На это Петр ответил весьма примечательно — посланник в донесении королю приводит с немецкой точностью его слова — он, государь, воспитывал девицу Монс для себя с искренним намерением жениться на ней, но так как Кайзерлинг прельстил ее и развратил, то ни о ней, ни о ее родных он ничего знать и слышать не хочет.
Пруссак стал терпеливо отстаивать свою репутацию, он-де честный человек, никто не может доказать, что он развращал фрейлину Монс, привлекало его к ней исключительно чувство сострадания, и если она готова оказать ему честь, то следует принять во внимание, что оба они не осмелились бы пойти против воли его величества, их действия соответствуют советам князя Меншикова, которые тот…
Не дослушав, Петр раздраженно ушел в другую залу. После этого Меншиков вовсю стал потешаться над Кайзерлингом, обзывая его такими отборными словечками, что дамы, смеясь, закрывали уши. Он высмеивал мужские достоинства немца, его кривые ноги, как он смел переступить царскую дорогу, что он есть в сравнении с государем, червь, ничтожество, урод… Ругаясь, он подступал все ближе, пока Кайзерлинг не оттолкнул его. Шпагу у него отняли при входе, иначе обнажил бы ее, чтобы отстоять свою честь. Он выкрикнул:
— Вы пользуетесь, князь, своим преимуществом, будь мы в другом месте, вы бы не посмели говорить такое, вы думаете, что здесь вы безнаказанны, так вот я заявляю вам, что вы подлец!
Кроткий законопослушный Кайзерлинг нарушил дипломатические запреты, сделал все, чтобы вызвать Меншикова на дуэль. Не учел он, что дуэль до России дойдет еще через полвека, пока же здесь честь отстаивают мордобитием, что незамедлительно от светлейшего князя и последовало. В сравнении с ним Кайзерлинг был немощен, да и непривычен к потасовкам. Меншиков лупил его в полное свое удовольствие. Напрасно Шафиров пытался остановить его, напоминая о дипломатической неприкосновенности.
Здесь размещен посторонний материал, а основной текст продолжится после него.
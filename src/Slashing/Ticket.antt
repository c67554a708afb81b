-- ===== src/Slashing/Ticket.antt =====
-- The slashing transactions, the proofs they carry and the checks of the proofs
-- (rusty-consensus/src/pos_slashing.rs).
use Prim.Native.String.{String}
use rusty_coin.Common.{
  ℕ, ◌+◌, ◌-◌, ◌%◌, Bool, true, false, not, List, [], ◌∷◌, ◌++◌, Option, none, some, length,
  replicate, leb, ltb, if◌then◌else◌,
}
use rusty_coin.Common.Result.{Result, ok, err, ◌>>◌}
use rusty_coin.Common.Words.{Bytes, u32_mod, u64_mod}
use rusty_coin.Types.Tx.{Hash, TxInput, TxOutput, Hash-discrete}
use rusty_coin.Types.Payload.{
  TicketNonParticipationProof, TicketMaliciousProof, TicketMaliciousActionType, double_voting,
  invalid_vote, invalid_signature, WitnessSignature,
}
use rusty_coin.Types.Transaction.{
  Transaction, ticket_slash_non_participation, ticket_slash_malicious,
}

-- The variants of `PosSlashingError` that the functions give.
pub data PosSlashingError : Type 0 where
  invalid_proof : (message : String) → PosSlashingError

abbrev pub Slashed : Type 0 → Type 0
Slashed A = Result PosSlashingError A

abbrev pub require : Bool → String → Slashed (Unit {0})
require true message = ok tt
require false message = err (invalid_proof message)

abbrev pub same_hash : Hash → Hash → Bool
same_hash a b = elim (Hash-discrete a b) [ yes p ↦ true | no p ↦ false ]

abbrev pub is_zero_hash : Hash → Bool
is_zero_hash hash = same_hash hash (replicate 32 0)

abbrev pub max_pos_slashing_proof_size : ℕ
max_pos_slashing_proof_size = 4096

abbrev pub pos_slashing_cooldown_blocks : ℕ
pos_slashing_cooldown_blocks = 10080

abbrev pub grace_period_blocks : ℕ
grace_period_blocks = 10

abbrev pub slash_forgiveness_period : ℕ
slash_forgiveness_period = 100

-- A data output with the bytes of `rust`.
abbrev pub burn_script : Bytes
burn_script = 0x6a ∷ 0x04 ∷ 0x72 ∷ 0x75 ∷ 0x73 ∷ 0x74 ∷ []

unfoldable pub create_ticket_burn_output : ℕ → TxOutput
create_ticket_burn_output amount = record {
  value = amount;
  script_pubkey = burn_script;
  memo = none;
}

-- The burned part, then what remains unless it is nothing.
unfoldable pub slashing_outputs : ℕ → ℕ → Bytes → List TxOutput
unfolding create_ticket_burn_output
slashing_outputs slashed_amount ticket_value script_pubkey =
    create_ticket_burn_output slashed_amount
    ∷ (if ltb 0 (ticket_value - slashed_amount)
        then record {
          value = ticket_value - slashed_amount;
          script_pubkey = script_pubkey;
          memo = none;
        }
          ∷ []
        else [])

-- `(block_height + POS_SLASHING_COOLDOWN_BLOCKS) as u32`
abbrev pub cooldown : ℕ → ℕ
cooldown block_height = ((block_height + pos_slashing_cooldown_blocks) % u64_mod) % u32_mod

-- The argument before the proof is the product with 0.01 in `f64`, cut to a `u64`. The proof can be
-- serialised.
unfoldable pub create_ticket_non_participation_slashing_transaction :
    (ℕ → ℕ) → Hash → TicketNonParticipationProof → TxInput → ℕ → Bytes → ℕ → Slashed Transaction
unfolding slashing_outputs
create_ticket_non_participation_slashing_transaction one_percent ticket_id proof ticket_input
      ticket_value script_pubkey block_height =
    do
      require (leb (length proof.witness_signatures) max_pos_slashing_proof_size)
          "Proof data too large"
      ok (
          ticket_slash_non_participation 1 (ticket_input ∷ [])
            (slashing_outputs (one_percent ticket_value) ticket_value script_pubkey) ticket_id proof
            (cooldown block_height) 0 [])

-- The first argument is the product with 1.0 in `f64`, cut to a `u64`.
unfoldable pub create_ticket_malicious_behavior_slashing_transaction :
    (ℕ → ℕ) → Hash → TicketMaliciousProof → TxInput → ℕ → Bytes → ℕ → Slashed Transaction
unfolding create_ticket_burn_output
create_ticket_malicious_behavior_slashing_transaction whole ticket_id proof ticket_input
      ticket_value script_pubkey block_height =
    do
      require (leb (length proof.proof_data) max_pos_slashing_proof_size) "Proof data too large"
      ok (
          ticket_slash_malicious 1 (ticket_input ∷ [])
            (create_ticket_burn_output (whole ticket_value) ∷ []) ticket_id proof
            (cooldown block_height) 0 [])

unfoldable pub validate_ticket_non_participation_slashing :
    Hash → TicketNonParticipationProof → ℕ → Slashed (Unit {0})
validate_ticket_non_participation_slashing ticket_id proof current_height = do
  require (leb ((proof.detection_block_height + grace_period_blocks) % u64_mod) current_height)
      "Grace period not yet passed"
  require (same_hash proof.ticket_id ticket_id) "Ticket ID mismatch"
  require (ltb 0 (length proof.selection_proof)) "Selection proof is empty"
  require (ltb 0 (length proof.witness_signatures)) "No witness signatures provided"
  require (not (is_zero_hash proof.target_block_hash)) "Invalid target block hash"

-- How much proof data each action needs.
unfoldable pub least_proof : TicketMaliciousActionType → ℕ
least_proof double_voting = 128
least_proof invalid_vote = 64
least_proof invalid_signature = 64

abbrev pub least_proof_message : TicketMaliciousActionType → String
least_proof_message double_voting = "Insufficient proof data for double voting"
least_proof_message invalid_vote = "Insufficient proof data for invalid vote"
least_proof_message invalid_signature = "Insufficient proof data for invalid signature"

unfoldable pub validate_ticket_malicious_behavior_slashing :
    Hash → TicketMaliciousProof → ℕ → Slashed (Unit {0})
unfolding least_proof
validate_ticket_malicious_behavior_slashing ticket_id proof current_height = do
  require (same_hash proof.ticket_id ticket_id) "Ticket ID mismatch"
  require (ltb 0 (length proof.proof_data)) "Proof data is empty"
  require (ltb 0 (length proof.witness_signatures)) "No witness signatures provided"
  require (leb (least_proof proof.malicious_action_type) (length proof.proof_data))
      (least_proof_message proof.malicious_action_type)

-- A vote is its signature and the block hash that it is for.
unfoldable pub create_double_voting_proof :
    Hash → Bytes × Hash → Bytes × Hash → ℕ → List WitnessSignature → Slashed TicketMaliciousProof
create_double_voting_proof ticket_id vote1 vote2 detection_height witness_signatures = do
  require (not (same_hash vote1.1 vote2.1)) "Votes are not conflicting"
  ok (record {
    ticket_id = ticket_id;
    detection_block_height = detection_height;
    malicious_action_type = double_voting;
    proof_data = vote1.0 ++ (vote1.1 ++ (vote2.0 ++ vote2.1));
    witness_signatures = witness_signatures;
  })

unfoldable pub create_non_participation_proof :
    Hash → Hash → ℕ → Bytes → ℕ → List WitnessSignature → Slashed TicketNonParticipationProof
create_non_participation_proof ticket_id target_block_hash selection_height selection_proof
      detection_height witness_signatures =
    do
      require (ltb 0 (length selection_proof)) "Selection proof is empty"
      require (not (is_zero_hash target_block_hash)) "Invalid target block hash"
      require (ltb selection_height detection_height)
          "Detection height must be after selection height"
      ok (record {
        ticket_id = ticket_id;
        detection_block_height = detection_height;
        target_block_hash = target_block_hash;
        selection_block_height = selection_height;
        selection_proof = selection_proof;
        witness_signatures = witness_signatures;
      })

unfoldable pub should_slash_for_repeated_non_participation : ℕ → Option ℕ → ℕ → Bool
should_slash_for_repeated_non_participation non_participation_count last_slash_height
      current_height =
    elim last_slash_height [
      | none ↦ leb 3 non_participation_count
      | some last_slash ↦
          if ltb current_height ((last_slash + slash_forgiveness_period) % u64_mod)
          then leb 5 non_participation_count
          else leb 3 non_participation_count
    ]
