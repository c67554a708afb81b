-- ===== src/Slashing/Proofs.antt =====
-- What the slashing checks accept, and what the slashing transactions pay.
use rusty_coin.Common.{
  ℕ, ◌+◌, ◌<◌, ◌≤◌, ◌≡◌, ◌≢◌, ◌↔◌, refl, arith, true, false, List, [], ◌∷◌, ◌++◌, length, leb,
  Bool-cases, inl, inr,
}
use mathlib.Core.Path.{subst}
use rusty_coin.Common.Result.{ok, ◌>>=◌}
use rusty_coin.Common.Words.{Bytes, u64_mod}
use rusty_coin.Types.Tx.{Hash, TxInput, Hash-discrete}
use rusty_coin.Types.Payload.{TicketNonParticipationProof, WitnessSignature}
use rusty_coin.Types.Transaction.{
  Transaction, ticket_slash_non_participation, get_inputs, get_outputs, is_coinbase,
}
use rusty_coin.Utxo.Proofs.Validity.{output_value}
use rusty_coin.Slashing.Ticket.{
  same_hash, grace_period_blocks, slashing_outputs, cooldown, create_ticket_burn_output,
  create_ticket_non_participation_slashing_transaction, least_proof, create_double_voting_proof,
  create_non_participation_proof, validate_ticket_malicious_behavior_slashing,
  validate_ticket_non_participation_slashing, max_pos_slashing_proof_size,
}

same_hash_self : (a : Hash) → same_hash a a ≡ true
same_hash_self a = elim (Hash-discrete a a) [ yes p ↦ ground (arith, p) | no p ↦ ground (arith, p) ]

length-++ :
    (xs bs cs ds : Bytes)
    → length (xs ++ (bs ++ (cs ++ ds))) ≡ length xs + length bs + length cs + length ds
length-++ [] [] [] ds = omega arith
length-++ [] [] (x ∷ cs) ds = omega (arith, length-++ [] [] cs ds)
length-++ [] (x ∷ bs) cs ds = omega (arith, length-++ [] bs cs ds)
length-++ (x ∷ xs) bs cs ds = omega (arith, length-++ xs bs cs ds)

same_hash_iff : (a b : Hash) → (same_hash a b ≡ true) ↔ (a ≡ b)
same_hash_iff a b = elim (Hash-discrete a b) [
  | yes p ↦ ground (arith, p)
  | no p ↦ ground (arith, p)
]

-- Whatever stands for the signatures, and at every height, a proof of double voting that is made of
-- two votes for one ticket is made and then passes its check against a ticket exactly if the votes
-- name different blocks, the signatures and the hashes have 128 bytes or more together, there is a
-- witness, and the two tickets are the same.
pub validate-create_double_voting_proof_iff :
    (ticket_id checked_id : Hash) (vote1 vote2 : Bytes × Hash) (detection_height current_height : ℕ)
    (witness_signatures : List WitnessSignature)
    → ((create_double_voting_proof ticket_id vote1 vote2 detection_height witness_signatures
          >>= λ proof. validate_ticket_malicious_behavior_slashing checked_id proof current_height)
        ≡ ok tt)
      ↔ ((vote1.1 ≢ vote2.1)
          × (128 ≤ length vote1.0 + length vote1.1 + length vote2.0 + length vote2.1)
          × (1 ≤ length witness_signatures)
          × (ticket_id ≡ checked_id))
unfolding create_double_voting_proof validate_ticket_malicious_behavior_slashing least_proof
validate-create_double_voting_proof_iff ticket_id checked_id vote1 vote2 detection_height
      current_height witness_signatures =
    ground (
      arith,
      same_hash_iff ticket_id checked_id,
      same_hash_iff vote1.1 vote2.1,
      length-++ vote1.0 vote1.1 vote2.0 vote2.1,
    )

-- A proof of a missed vote is accepted from the end of the grace period on, where there is a witness.
pub validate-create_non_participation_proof :
    (ticket_id target_block_hash : Hash) (selection_height : ℕ) (selection_proof : Bytes)
    (detection_height current_height : ℕ) (witness_signatures : List WitnessSignature)
    (proof : TicketNonParticipationProof)
    → create_non_participation_proof ticket_id target_block_hash selection_height selection_proof
        detection_height witness_signatures
      ≡ ok proof
    → current_height < u64_mod
    → detection_height + grace_period_blocks ≤ current_height
    → 1 ≤ length witness_signatures
    → validate_ticket_non_participation_slashing ticket_id proof current_height ≡ ok tt
unfolding create_non_participation_proof validate_ticket_non_participation_slashing
validate-create_non_participation_proof ticket_id target_block_hash selection_height selection_proof
      detection_height current_height witness_signatures proof h b g w =
    ground (arith, same_hash_self ticket_id)

-- The transaction that is made where the proof is small enough.
abbrev slashed :
    (ℕ → ℕ) → Hash → TicketNonParticipationProof → TxInput → ℕ → Bytes → ℕ → Transaction
slashed one_percent ticket_id proof ticket_input ticket_value script_pubkey block_height =
    ticket_slash_non_participation 1 (ticket_input ∷ [])
      (slashing_outputs (one_percent ticket_value) ticket_value script_pubkey) ticket_id proof
      (cooldown block_height) 0 []

-- A slashing transaction for a missed vote spends the ticket's output alone and pays the ticket's
-- value out in full, where the slashed part is at most the value.
pub create_ticket_non_participation_slashing_transaction-eq-ok :
    (one_percent : ℕ → ℕ) (ticket_id : Hash) (proof : TicketNonParticipationProof)
    (ticket_input : TxInput) (ticket_value : ℕ) (script_pubkey : Bytes) (block_height : ℕ)
    (tx : Transaction)
    → one_percent ticket_value ≤ ticket_value
    → create_ticket_non_participation_slashing_transaction one_percent ticket_id proof ticket_input
        ticket_value script_pubkey block_height
      ≡ ok tx
    → (get_inputs tx ≡ ticket_input ∷ [])
      × (output_value (get_outputs tx) ≡ ticket_value)
      × (is_coinbase tx ≡ false)
unfolding create_ticket_non_participation_slashing_transaction slashing_outputs output_value
    create_ticket_burn_output get_inputs get_outputs is_coinbase
create_ticket_non_participation_slashing_transaction-eq-ok one_percent ticket_id proof ticket_input
      ticket_value script_pubkey block_height tx b h =
    elim (Bool-cases (leb (length proof.witness_signatures) max_pos_slashing_proof_size)) [
      | inl k ↦
          let e : slashed one_percent ticket_id proof ticket_input ticket_value script_pubkey
                block_height
              ≡ tx =
            ground (arith, k, h) in
          subst
            (λ t.
              (get_inputs t ≡ ticket_input ∷ [])
              × (output_value (get_outputs t) ≡ ticket_value)
              × (is_coinbase t ≡ false))
            e (refl, ground arith, refl)
      | inr k ↦ ground (arith, k)
    ]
Куда там, Кайзерлинг старался лишь, чтобы его не сбили с ног, предпочел прикосновенность.
На шум появился Петр, посмотрел, как избивают посланника, спросил, намерен ли тот драться как положено, на шпагах. “Да”, — выкрикнул немец. Тут на него налетели подручные князя, вытолкнули, спустили с каменных ступеней, Меншиков позвал гвардейцев, те выбежали во двор и там продолжали лупцевать несчастного.
Назавтра разразился международный скандал. Был подан протест, потребовали письменное объяснение. Все дипломаты сообщили своим правителям о том, что произошло. Речь шла не только об отношениях с Пруссией, но и о положении дипломатов в России. По всем правилам посланнику следовало отбыть, покинуть страну.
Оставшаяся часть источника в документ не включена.